You can find @jeremy 's comment in this thread.

Thanks. I checked it.
I understand either resnet34 might not be a good model for this or imagenet might not be good image data for this. Anyways, I tried to change batch size parameter in ImageClassifierData.from_paths and it gave relatively logical loss vs. learning rate curve. So default batch size of 64 was not good for my data, probably because my train data was not large enough and learning rate finder stopped in less iterations.

See below –

Few questions about our process:

Highlighted in bold against each point

  1. Enable data augmentation, and precompute=True Why are we saying enable data augmentation here?

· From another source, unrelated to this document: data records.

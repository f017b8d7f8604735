-- ===== src/Examples/PtpRuns.antt =====
-- The PTP layer at concrete inputs.
use canon_r.Prelude.{
  ◌≡◌, refl, inl, inr, ◌⊎◌, [], ◌∷◌, none, some, arith, true, false, pos, failed, success, eproto,
  eio, Ends, done, valid,
}
use canon_r.Wire.{header, le16, le32}
use canon_r.Ptp.{ptp_command, next_transaction}
use canon_r.Ptp.Command.{Exchanged, ptp_command-Exchanged}
use canon_r.Ptp.DataPhase.{wire_data_header, ptp_command-data_answer}
use canon_r.Ptp.Answer.{wire_command, ptp_command-answer, ptp_command-mismatch}
use canon_r.Ptp.Session.{simple_command, ptp_open_session, ptp_close_session}
use canon_r.Ptp.Still.{ptp_autofocus, op_autofocus}
use canon_r.Ptp.Requests.{Framed}
use canon_r.Ptp.Lifecycle.{Session, ptp_open_session-Ends, ptp_close_session-Ends}
use canon_r.Ptp.Serve.{
  open_session, capture_burst, autofocus, close_session, serve_all, Settled, SameOutside,
  serve_all-Settled,
}
use canon_r.Ptp.Status.{status_of, ptp_autofocus-status}
use canon_r.Examples.Data.{
  ok_answer, Any, record_packet, answer_with, camera, camera-IsTransport, busy_answer, late_answer,
  ok_bytes, busy_bytes, late_bytes, closed_device, open_device, closed_device-Inv, open_device-Inv,
  on_wire,
}

serve_all-Settled_example :
    Ends
      (λ _ c'. Settled Any c' × SameOutside (on_wire closed_device) c')
      (serve_all
        (camera ok_bytes)
        (open_session ∷ capture_burst 3 ∷ autofocus ∷ close_session ∷ [])
        (on_wire closed_device))
serve_all-Settled_example =
    serve_all-Settled (camera ok_bytes) (camera-IsTransport ok_bytes)
      (open_session ∷ capture_burst 3 ∷ autofocus ∷ close_session ∷ []) (on_wire closed_device)
      (closed_device-Inv, tt)

ptp_command-answer_example :
    ptp_command (camera busy_bytes) valid 0x915C [] none (pos 0) valid (on_wire open_device)
    ≡ done
        (eio, some 0x2019)
        (record (next_transaction (on_wire open_device)) { env = wire_command 0x915C 1 [] ∷ [] })
unfolding header le16 le32
ptp_command-answer_example =
    ptp_command-answer (camera busy_bytes) record_packet (answer_with busy_bytes) 0x915C []
      busy_answer [] (on_wire open_device) (wire_command 0x915C 1 [] ∷ [])
      (wire_command 0x915C 1 [] ∷ []) refl (inl refl) refl refl refl (omega arith) refl refl
      (omega arith) refl (omega arith) refl (omega arith)

ptp_command-data_answer_example :
    ptp_command
      (camera ok_bytes)
      valid
      0x9110
      []
      (some (some 7 ∷ some 8 ∷ []))
      (pos 2)
      valid
      (on_wire open_device)
    ≡ done
        (success, some 0x2001)
        (record (next_transaction (on_wire open_device)) {
          env =
              (some 7 ∷ some 8 ∷ []) ∷ wire_data_header 0x9110 1 2 ∷ wire_command 0x9110 1 [] ∷ [];
        })
unfolding header le16 le32
ptp_command-data_answer_example =
    ptp_command-data_answer (camera ok_bytes) record_packet (answer_with ok_bytes) 0x9110 []
      (some 7 ∷ some 8 ∷ []) 1 ok_answer [] (on_wire open_device) _ _ _ _ refl (inl refl) refl refl
      refl (omega arith) (omega arith) refl refl refl refl (omega arith) refl (omega arith) refl
      (omega arith)

ptp_command-mismatch_example :
    ptp_command (camera late_bytes) valid 0x1002 (1 ∷ []) none (pos 0) valid (on_wire closed_device)
    ≡ done
        (eproto, none)
        (record (next_transaction (on_wire closed_device)) {
          env = wire_command 0x1002 1 (1 ∷ []) ∷ [];
        })
unfolding header le16 le32
ptp_command-mismatch_example =
    ptp_command-mismatch (camera late_bytes) record_packet (answer_with late_bytes) 0x1002 (1 ∷ [])
      late_answer [] (on_wire closed_device) (wire_command 0x1002 1 (1 ∷ []) ∷ [])
      (wire_command 0x1002 1 (1 ∷ []) ∷ []) refl (inr refl) refl refl refl (omega arith) refl refl
      (omega arith) (omega arith) (omega arith) (omega arith) (λ e. absurd (omega (arith, e)))

ptp_command-Exchanged_example : Ends (Exchanged Any 0x9110 (on_wire open_device)) (
    ptp_command
      (camera ok_bytes)
      valid
      0x9110
      (5 ∷ [])
      (some (some 1 ∷ some 2 ∷ []))
      (pos 2)
      valid
      (on_wire open_device))
ptp_command-Exchanged_example =
    ptp_command-Exchanged (camera ok_bytes) (camera-IsTransport ok_bytes) (on_wire open_device)
      0x9110 (5 ∷ []) (some (some 1 ∷ some 2 ∷ [])) (pos 2) tt refl (omega arith) (omega arith)

ptp_open_session-Ends_example :
    Ends
      (λ ret c'.
        ((ret ≡ success) × Session Any 1 true (on_wire closed_device) c')
        ⊎ ((failed ret ≡ true) × Framed Any (on_wire closed_device) c'))
      (ptp_open_session (camera ok_bytes) valid (on_wire closed_device))
ptp_open_session-Ends_example =
    ptp_open_session-Ends (camera ok_bytes) (camera-IsTransport ok_bytes) (on_wire closed_device)
      closed_device-Inv tt

ptp_close_session-Ends_example :
    Ends
      (λ ret c'. (ret ≡ success) × Session Any 0 false (on_wire open_device) c')
      (ptp_close_session (camera late_bytes) valid (on_wire open_device))
ptp_close_session-Ends_example =
    ptp_close_session-Ends (camera late_bytes) (camera-IsTransport late_bytes) (on_wire open_device)
      open_device-Inv tt

ptp_autofocus-status_example :
    ptp_autofocus (camera busy_bytes) valid (on_wire open_device)
    ≡ status_of (simple_command (camera busy_bytes) op_autofocus []) (on_wire open_device)
ptp_autofocus-status_example =
    ptp_autofocus-status (camera busy_bytes) (camera-IsTransport busy_bytes) (on_wire open_device)
      open_device-Inv tt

Doesn’t data augmentation starts at step 4?
  2. Use lr_find() to find highest learning rate where loss is still clearly improving
  3. Train last layer from precomputed activations for 1-2 epochs Does it always have to 1-2 epochs or we shall try more?
  4. Train last layer with data augmentation (i.e. precompute=False) for 2-3 epochs with cycle_len=1
  5. Unfreeze all layers
  6. Set earlier layers to 3x-10x lower learning rate than next higher layer
  7. Use lr_find() again Do we create new learn object or find lr for learn which has already learnt a lot in step3, 4?
  8. Train full network with cycle_mult=2 until over-fitting

For point 7.
When I try with new learn object, lr curve is
But when I try with learn object which has learnt in step3, 4.
How do I depict and see I should change my lr?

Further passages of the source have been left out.